A briefcase with a red cross on the front.

November 26, 2019

Good morning. Good luck to everyone who, like me, is attempting to navigate the holiday traffic today.

Today's word count is 765 words, or ~3 minutes.

1 big thing: How employers could benefit from price transparency

Illustration of two receipts forming a health plus stuck on a metal receipt holder spike.

Illustration: Aïda Amer/Axios

Federal proposals that would require hospitals and health plans to publish their secretly negotiated prices may not do much to change individual behaviors, but companies that offer health insurance to employees could use that information to bargain for better rates and lower their health care expenses.

Where it stands: Employer groups are divided over the proposals, despite the potential upside, Axios' Bob Herman reports.

The big picture: Revealing prices would allow employers to see which hospitals and doctors are ripping them off and which insurers are obtaining good discounts.

  • Employers then could use the data to drive better bargains for some hospital services, and savings hypothetically could be passed along to workers in the form of higher wages and other benefits.

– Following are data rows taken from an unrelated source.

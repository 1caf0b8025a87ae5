-- ===== src/Archive/Untouched.antt =====
-- The statements of app/archive.py and what they leave alone.
use eve_api_cache.Base.{ℕ, Option, none, some, List, [], ◌∷◌, Text, Bytes, Bool-cases, inl, inr}
use eve_api_cache.Base.Exec.{Exec, Result, ok, raise, value_error, runtime_error, pure, throw}
use eve_api_cache.Base.Keeps.{
  Keeps, pure-Keeps, throw-Keeps, bind-Keeps, then-Keeps, when-Keeps, if-Keeps,
}
use eve_api_cache.Json.{Value}
use eve_api_cache.Archive.Tables.{
  Tables, MarketOrderVersion, MarketOrderSnapshotEntry, ArchiveObjectFile,
}
use eve_api_cache.Archive.Sessions.{ArchiveEnv, Session, execute}
use eve_api_cache.Archive.Keys.{market_orders_region_id}
use eve_api_cache.Archive.Orders.{
  OrderRows, get_object_file_id_by_content_hash, write_market_orders_parquet_file, write_table_at,
  write_file_at, insert_file, new_manifest, find_manifest, insert_versions, insert_entries,
  insert_deltas, write_market_order_deltas, order_list, write_orders, write_market_orders_parquet,
}

module _ (env : ArchiveEnv) where
  open env use {pg, json}

  -- A property of the tables and of what is committed.
  abbrev pub Both : (Tables pg → Type 0) → (Tables pg → Type 0) → Session env → Type 0
  Both P C s = P s.working × C s.committed

  module _ (P C : Tables pg → Type 0) where
    pub execute-Keeps :
        {A : Type 0} (f : Tables pg → Result A × Tables pg)
        → ((t : Tables pg) → P t → P (f t).1)
        → Keeps (Both P C) (execute env f)
    unfolding execute
    execute-Keeps f h = record {
      at = λ s p. elim (Bool-cases (env.up s.sent)) [
        | inl up ↦ rw up (h s.working p.0, p.1)
        | inr down ↦ rw down p
      ];
    }

  -- A property that the tables of the market orders have no part in.
  pub record IsApart (P : Tables pg → Type 0) : Type 0 where
    pub files :
        (t : Tables pg) (x : pg.Table ArchiveObjectFile) (n : ℕ)
        → P t
        → P (record t { files = x; next_file = n })
    pub versions :
        (t : Tables pg) (x : pg.Table MarketOrderVersion) → P t → P (record t { versions = x })
    pub entries :
        (t : Tables pg) (x : pg.Table MarketOrderSnapshotEntry) → P t → P (record t { entries = x })

  module _ (P C : Tables pg → Type 0) (apart : IsApart P) where
    get_file-Keeps : (h : Text) → Keeps (Both P C) (get_object_file_id_by_content_hash env h)
    unfolding get_object_file_id_by_content_hash
    get_file-Keeps h = execute-Keeps P C _ (λ t p. p)

    write_table_at-Keeps :
        (path : Text) (orders : List Value) → Keeps (Both P C) (write_table_at env path orders)
    unfolding write_table_at
    write_table_at-Keeps path orders = record { at = λ s p. p }

    write_file_at-Keeps :
        (path : Text) (orders : List Value) → Keeps (Both P C) (write_file_at env path orders)
    unfolding write_file_at
    write_file_at-Keeps path orders =
        bind-Keeps (write_table_at-Keeps path orders) (λ size. pure-Keeps (path, size))

    write_file-Keeps :
        (datasource : Text) (region_id : ℕ) (content_hash : Text) (fetched_at : ℕ)
        (orders : List Value)
        → Keeps (Both P C) (
            write_market_orders_parquet_file env datasource region_id content_hash fetched_at
              orders)
    unfolding write_market_orders_parquet_file
    write_file-Keeps datasource region_id content_hash fetched_at orders =
        if-Keeps env.parquet.available (write_file_at-Keeps _ orders) (throw-Keeps runtime_error)

    insert_file-Keeps : (row : ℕ → ArchiveObjectFile) → Keeps (Both P C) (insert_file env row)
    unfolding insert_file
    insert_file-Keeps row = execute-Keeps P C _ (λ t p. apart.files t _ _ p)

    insert_versions-Keeps :
        (now : ℕ) (batches : List (List MarketOrderVersion))
        → Keeps (Both P C) (insert_versions env now batches)
    unfolding insert_versions
    insert_versions-Keeps now [] = pure-Keeps tt
    insert_versions-Keeps now (b ∷ batches) =
        then-Keeps (execute-Keeps P C _ (λ t p. apart.versions t _ p))
          (insert_versions-Keeps now batches)

    insert_entries-Keeps :
        (batches : List (List MarketOrderSnapshotEntry))
        → Keeps (Both P C) (insert_entries env batches)
    unfolding insert_entries
    insert_entries-Keeps [] = pure-Keeps tt
    insert_entries-Keeps (b ∷ batches) =
        then-Keeps (execute-Keeps P C _ (λ t p. apart.entries t _ p)) (insert_entries-Keeps batches)

    insert_deltas-Keeps :
        (now : ℕ) (rows : Result (OrderRows env)) → Keeps (Both P C) (insert_deltas env now rows)
    insert_deltas-Keeps now (raise e) = throw-Keeps e
    insert_deltas-Keeps now (ok (versions, entries)) =
        then-Keeps (insert_versions-Keeps now _) (insert_entries-Keeps _)

    known-Keeps :
        {A : Type 0} (o : Option A) (m : Exec (Session env) (Option A))
        → Keeps (Both P C) m
        → Keeps (Both P C) (elim o [ some a ↦ pure (some a) | none ↦ m ])
    known-Keeps none m h = h
    known-Keeps (some a) m h = pure-Keeps (some a)

    new_manifest-Keeps :
        (id : ℕ) (ds : Text) (region : ℕ) (path qh ch : Text) (payload : Bytes)
        (orders : List Value) (now : ℕ)
        → Keeps (Both P C) (new_manifest env id ds region path qh ch payload orders now)
    unfolding new_manifest
    new_manifest-Keeps id ds region path qh ch payload orders now =
        bind-Keeps (write_file-Keeps ds region ch now orders) (λ written.
          bind-Keeps (insert_file-Keeps _) (λ inserted. known-Keeps inserted _ (get_file-Keeps ch)))

    find_manifest-Keeps :
        (id : ℕ) (ds : Text) (region : ℕ) (path qh ch : Text) (payload : Bytes)
        (orders : List Value) (now : ℕ)
        → Keeps (Both P C) (find_manifest env id ds region path qh ch payload orders now)
    unfolding find_manifest
    find_manifest-Keeps id ds region path qh ch payload orders now =
        bind-Keeps (get_file-Keeps ch) (λ existing.
          known-Keeps existing _ (new_manifest-Keeps id ds region path qh ch payload orders now))

    write_orders-Keeps :
        (id : ℕ) (ds : Text) (region : ℕ) (path qh ch : Text) (payload : Bytes) (now : ℕ)
        (orders : Result (List Value))
        → Keeps (Both P C) (write_orders env id ds region path qh ch payload now orders)
    unfolding write_orders write_market_order_deltas
    write_orders-Keeps id ds region path qh ch payload now (raise e) = throw-Keeps e
    write_orders-Keeps id ds region path qh ch payload now (ok orders) =
        bind-Keeps (find_manifest-Keeps id ds region path qh ch payload orders now) (λ manifest.
          then-Keeps (when-Keeps env.enable_market_order_deltas (insert_deltas-Keeps now _))
            (pure-Keeps manifest))

    -- Writing the Parquet file and the versions of the orders keeps every property that their tables
    -- have no part in.
    pub write_market_orders_parquet-Keeps :
        (id : ℕ) (ds path qh ch : Text) (payload : Bytes) (now : ℕ)
        → Keeps (Both P C) (write_market_orders_parquet env id ds path qh ch payload now)
    unfolding write_market_orders_parquet
    write_market_orders_parquet-Keeps id ds path qh ch payload now =
        region_Keeps (market_orders_region_id path)
      where
        region_Keeps :
            (region : Option ℕ)
            → Keeps {A = Option ℕ} (Both P C) (elim region [
              | none ↦ throw value_error
              | some region_id ↦
                  write_orders env id ds region_id path qh ch payload now
                    (order_list env (json.loads payload))
            ])
        region_Keeps none = throw-Keeps value_error
        region_Keeps (some region) = write_orders-Keeps id ds region path qh ch payload now _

Yes, but: There are concerns about whether airing prices would paradoxically raise them. And in markets where either providers or insurers are highly consolidated, those entities would still hold all negotiating power.

What they're saying: Many companies have already endorsed proposals, pending in Congress, to analyze medical claims through a national database.

  • James Gelfand, a vice president at ERIC, a lobbying group that focuses on benefits for large employers, compared the issue to a Gordian knot: "Employers have whipped out their swords and are ready to chop that sucker in half ... so long as everything is secret and proprietary, we're never going to solve anything."

Those views contrast starkly with other major lobbying groups that represent large employers.

  • The U.S. Chamber of Commerce said in September that price transparency proposals were a government overreach and would confuse people. Some of the chamber's most influential members are health care companies.

Between the lines: The health care industry hates price transparency because it would open their black box, and some employer groups have decided to protect those interests.

2. Medicare plan comparison tool isn't working

A digital tool designed to help seniors find and compare Medicare plan options is glitching, showing inaccurate cost estimates as enrollment is underway, ProPublica reports.

Why it matters: Open enrollment ends Dec. 7, and if the problem isn't addressed, many seniors could end up receiving nasty surprises — for example, drugs that aren't covered when the tool had told seniors they would be — once their new plans start.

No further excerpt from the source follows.